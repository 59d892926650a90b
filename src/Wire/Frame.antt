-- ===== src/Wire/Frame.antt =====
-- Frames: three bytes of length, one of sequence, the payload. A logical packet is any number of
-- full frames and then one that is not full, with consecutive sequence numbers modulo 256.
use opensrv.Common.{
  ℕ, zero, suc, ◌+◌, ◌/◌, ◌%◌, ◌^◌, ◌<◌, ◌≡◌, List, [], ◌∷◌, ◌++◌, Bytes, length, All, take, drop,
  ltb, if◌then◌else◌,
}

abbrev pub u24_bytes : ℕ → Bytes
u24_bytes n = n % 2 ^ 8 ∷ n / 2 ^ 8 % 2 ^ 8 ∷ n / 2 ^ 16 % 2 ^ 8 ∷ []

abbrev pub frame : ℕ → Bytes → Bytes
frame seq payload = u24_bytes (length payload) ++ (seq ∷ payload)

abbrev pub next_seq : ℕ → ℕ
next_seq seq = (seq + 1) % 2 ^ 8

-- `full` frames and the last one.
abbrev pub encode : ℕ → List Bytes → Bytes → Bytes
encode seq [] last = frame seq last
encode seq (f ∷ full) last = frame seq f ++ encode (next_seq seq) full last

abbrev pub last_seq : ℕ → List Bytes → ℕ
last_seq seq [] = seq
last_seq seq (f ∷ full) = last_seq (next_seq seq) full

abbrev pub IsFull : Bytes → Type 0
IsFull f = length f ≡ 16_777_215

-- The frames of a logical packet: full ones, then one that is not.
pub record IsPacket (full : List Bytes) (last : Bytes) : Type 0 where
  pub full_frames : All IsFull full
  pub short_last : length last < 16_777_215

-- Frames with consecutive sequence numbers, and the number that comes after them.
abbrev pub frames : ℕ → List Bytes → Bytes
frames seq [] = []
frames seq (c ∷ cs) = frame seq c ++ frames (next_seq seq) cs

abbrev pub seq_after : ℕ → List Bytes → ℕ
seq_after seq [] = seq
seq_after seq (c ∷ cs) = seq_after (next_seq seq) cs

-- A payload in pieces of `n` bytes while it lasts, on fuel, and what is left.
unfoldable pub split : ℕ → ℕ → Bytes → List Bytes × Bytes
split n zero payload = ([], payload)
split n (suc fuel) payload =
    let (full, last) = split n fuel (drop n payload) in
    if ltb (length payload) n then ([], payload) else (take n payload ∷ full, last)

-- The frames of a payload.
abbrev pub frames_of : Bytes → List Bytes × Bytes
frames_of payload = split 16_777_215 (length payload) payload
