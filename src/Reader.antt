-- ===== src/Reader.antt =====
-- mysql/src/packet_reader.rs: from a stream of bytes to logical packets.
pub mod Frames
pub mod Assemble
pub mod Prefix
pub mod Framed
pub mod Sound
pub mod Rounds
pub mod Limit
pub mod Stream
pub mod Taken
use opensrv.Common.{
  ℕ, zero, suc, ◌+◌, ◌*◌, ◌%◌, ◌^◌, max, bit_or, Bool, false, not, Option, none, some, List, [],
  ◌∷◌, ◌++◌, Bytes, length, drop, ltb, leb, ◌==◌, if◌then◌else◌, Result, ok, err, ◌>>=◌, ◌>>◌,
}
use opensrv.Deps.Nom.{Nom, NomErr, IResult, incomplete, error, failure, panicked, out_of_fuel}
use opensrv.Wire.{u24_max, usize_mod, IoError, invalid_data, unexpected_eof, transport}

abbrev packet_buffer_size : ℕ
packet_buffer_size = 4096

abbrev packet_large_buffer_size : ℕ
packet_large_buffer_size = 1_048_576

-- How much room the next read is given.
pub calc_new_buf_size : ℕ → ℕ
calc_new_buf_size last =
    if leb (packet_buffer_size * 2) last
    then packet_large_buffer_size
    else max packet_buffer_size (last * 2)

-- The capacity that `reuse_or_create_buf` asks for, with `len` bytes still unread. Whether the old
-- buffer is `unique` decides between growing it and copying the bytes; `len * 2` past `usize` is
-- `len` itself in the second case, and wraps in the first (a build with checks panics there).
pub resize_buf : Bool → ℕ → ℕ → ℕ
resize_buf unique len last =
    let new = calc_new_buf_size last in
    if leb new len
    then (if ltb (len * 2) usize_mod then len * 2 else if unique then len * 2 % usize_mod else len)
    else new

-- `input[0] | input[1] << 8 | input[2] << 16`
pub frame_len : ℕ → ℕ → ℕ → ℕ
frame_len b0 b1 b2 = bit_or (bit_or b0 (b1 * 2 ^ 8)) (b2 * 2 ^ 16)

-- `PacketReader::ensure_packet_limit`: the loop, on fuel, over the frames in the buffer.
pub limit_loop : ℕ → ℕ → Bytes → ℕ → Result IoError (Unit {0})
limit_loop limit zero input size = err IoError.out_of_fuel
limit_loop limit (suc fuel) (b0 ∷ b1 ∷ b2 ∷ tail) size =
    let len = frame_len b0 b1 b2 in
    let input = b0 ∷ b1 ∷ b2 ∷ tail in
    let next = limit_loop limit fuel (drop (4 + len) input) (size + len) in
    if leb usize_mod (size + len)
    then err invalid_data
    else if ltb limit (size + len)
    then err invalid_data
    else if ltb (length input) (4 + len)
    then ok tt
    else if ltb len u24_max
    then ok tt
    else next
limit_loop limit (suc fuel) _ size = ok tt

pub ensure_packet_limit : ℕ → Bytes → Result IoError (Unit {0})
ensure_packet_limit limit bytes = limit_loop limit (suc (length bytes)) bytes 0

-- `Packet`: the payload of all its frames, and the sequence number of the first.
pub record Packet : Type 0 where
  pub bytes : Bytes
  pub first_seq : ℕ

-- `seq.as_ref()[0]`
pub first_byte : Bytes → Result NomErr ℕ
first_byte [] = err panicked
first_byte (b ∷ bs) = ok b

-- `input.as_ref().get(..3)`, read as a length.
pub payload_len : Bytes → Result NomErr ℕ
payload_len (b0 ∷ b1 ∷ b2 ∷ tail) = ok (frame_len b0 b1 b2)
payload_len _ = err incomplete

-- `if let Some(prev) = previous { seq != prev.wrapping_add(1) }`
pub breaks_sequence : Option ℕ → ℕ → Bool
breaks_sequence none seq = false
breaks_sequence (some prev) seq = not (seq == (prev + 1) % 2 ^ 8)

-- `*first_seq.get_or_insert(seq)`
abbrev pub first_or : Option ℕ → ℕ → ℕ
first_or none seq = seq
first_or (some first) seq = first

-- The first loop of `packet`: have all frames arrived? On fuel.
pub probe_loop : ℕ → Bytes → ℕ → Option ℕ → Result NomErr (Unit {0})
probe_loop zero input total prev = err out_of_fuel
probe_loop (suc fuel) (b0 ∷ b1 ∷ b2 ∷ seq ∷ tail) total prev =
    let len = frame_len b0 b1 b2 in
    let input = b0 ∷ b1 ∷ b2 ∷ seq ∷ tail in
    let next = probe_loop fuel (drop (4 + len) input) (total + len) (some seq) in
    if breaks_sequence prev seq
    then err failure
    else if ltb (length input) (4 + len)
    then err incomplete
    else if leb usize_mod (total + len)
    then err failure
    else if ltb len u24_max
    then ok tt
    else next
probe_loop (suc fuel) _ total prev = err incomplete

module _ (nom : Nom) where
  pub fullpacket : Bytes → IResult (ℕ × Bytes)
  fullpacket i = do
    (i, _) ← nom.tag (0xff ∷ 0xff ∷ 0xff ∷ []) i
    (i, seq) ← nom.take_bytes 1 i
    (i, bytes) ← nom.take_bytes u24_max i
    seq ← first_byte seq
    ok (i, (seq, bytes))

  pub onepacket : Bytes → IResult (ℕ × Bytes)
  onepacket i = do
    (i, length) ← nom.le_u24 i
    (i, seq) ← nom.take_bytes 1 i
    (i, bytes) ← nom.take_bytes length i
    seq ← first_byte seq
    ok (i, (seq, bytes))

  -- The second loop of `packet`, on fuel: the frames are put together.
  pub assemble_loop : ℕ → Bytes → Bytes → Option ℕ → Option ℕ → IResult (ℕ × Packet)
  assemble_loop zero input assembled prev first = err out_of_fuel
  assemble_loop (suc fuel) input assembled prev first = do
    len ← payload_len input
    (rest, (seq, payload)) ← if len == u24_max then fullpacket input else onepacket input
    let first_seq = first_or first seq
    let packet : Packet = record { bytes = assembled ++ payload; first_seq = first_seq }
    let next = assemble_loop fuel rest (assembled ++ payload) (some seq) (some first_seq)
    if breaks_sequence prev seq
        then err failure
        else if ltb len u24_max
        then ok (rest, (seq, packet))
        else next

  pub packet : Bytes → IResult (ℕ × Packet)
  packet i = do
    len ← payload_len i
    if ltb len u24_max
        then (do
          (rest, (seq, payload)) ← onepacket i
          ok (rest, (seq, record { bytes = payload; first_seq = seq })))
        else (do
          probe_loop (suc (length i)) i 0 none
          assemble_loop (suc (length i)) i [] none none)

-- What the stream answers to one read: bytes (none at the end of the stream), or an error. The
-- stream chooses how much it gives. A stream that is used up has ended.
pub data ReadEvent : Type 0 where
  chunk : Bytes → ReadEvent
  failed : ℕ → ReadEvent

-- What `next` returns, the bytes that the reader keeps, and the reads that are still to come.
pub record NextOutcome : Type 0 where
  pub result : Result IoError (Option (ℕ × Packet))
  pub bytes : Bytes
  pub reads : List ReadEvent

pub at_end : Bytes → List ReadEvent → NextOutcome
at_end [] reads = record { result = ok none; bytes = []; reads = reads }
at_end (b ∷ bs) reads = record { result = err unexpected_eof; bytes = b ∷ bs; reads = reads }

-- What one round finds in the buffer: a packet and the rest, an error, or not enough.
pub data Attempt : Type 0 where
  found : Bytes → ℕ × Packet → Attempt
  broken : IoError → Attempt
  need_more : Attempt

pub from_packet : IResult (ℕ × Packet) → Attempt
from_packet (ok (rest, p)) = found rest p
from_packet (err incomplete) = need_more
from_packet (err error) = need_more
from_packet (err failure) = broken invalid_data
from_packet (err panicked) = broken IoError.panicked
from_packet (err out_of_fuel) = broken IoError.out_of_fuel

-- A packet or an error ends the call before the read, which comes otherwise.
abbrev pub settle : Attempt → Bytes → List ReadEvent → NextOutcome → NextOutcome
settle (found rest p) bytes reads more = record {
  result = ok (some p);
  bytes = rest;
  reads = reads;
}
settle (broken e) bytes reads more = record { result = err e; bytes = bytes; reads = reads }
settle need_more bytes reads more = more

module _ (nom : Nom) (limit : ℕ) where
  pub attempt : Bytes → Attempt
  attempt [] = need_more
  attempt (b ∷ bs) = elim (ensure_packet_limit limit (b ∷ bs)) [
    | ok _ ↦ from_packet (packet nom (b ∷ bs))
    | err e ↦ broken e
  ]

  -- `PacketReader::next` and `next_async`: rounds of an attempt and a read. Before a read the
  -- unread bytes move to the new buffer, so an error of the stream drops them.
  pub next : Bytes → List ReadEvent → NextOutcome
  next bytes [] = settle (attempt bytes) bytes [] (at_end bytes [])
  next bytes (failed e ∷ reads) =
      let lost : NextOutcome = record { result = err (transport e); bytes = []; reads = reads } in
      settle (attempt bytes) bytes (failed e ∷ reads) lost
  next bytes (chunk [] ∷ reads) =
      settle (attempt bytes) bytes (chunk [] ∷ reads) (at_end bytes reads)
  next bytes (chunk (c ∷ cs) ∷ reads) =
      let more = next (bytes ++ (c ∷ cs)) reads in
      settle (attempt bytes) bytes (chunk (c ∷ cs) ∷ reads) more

● ● ● ● ● ● ●

● **Aim of the exercise**
Your task is to copy each line from the material above that includes the word "logical".

● **Exercise solution**
-- Frames: three bytes of length, one of sequence, the payload. A logical packet is any number of
-- The frames of a logical packet: full ones, then one that is not.
-- mysql/src/packet_reader.rs: from a stream of bytes to logical packets.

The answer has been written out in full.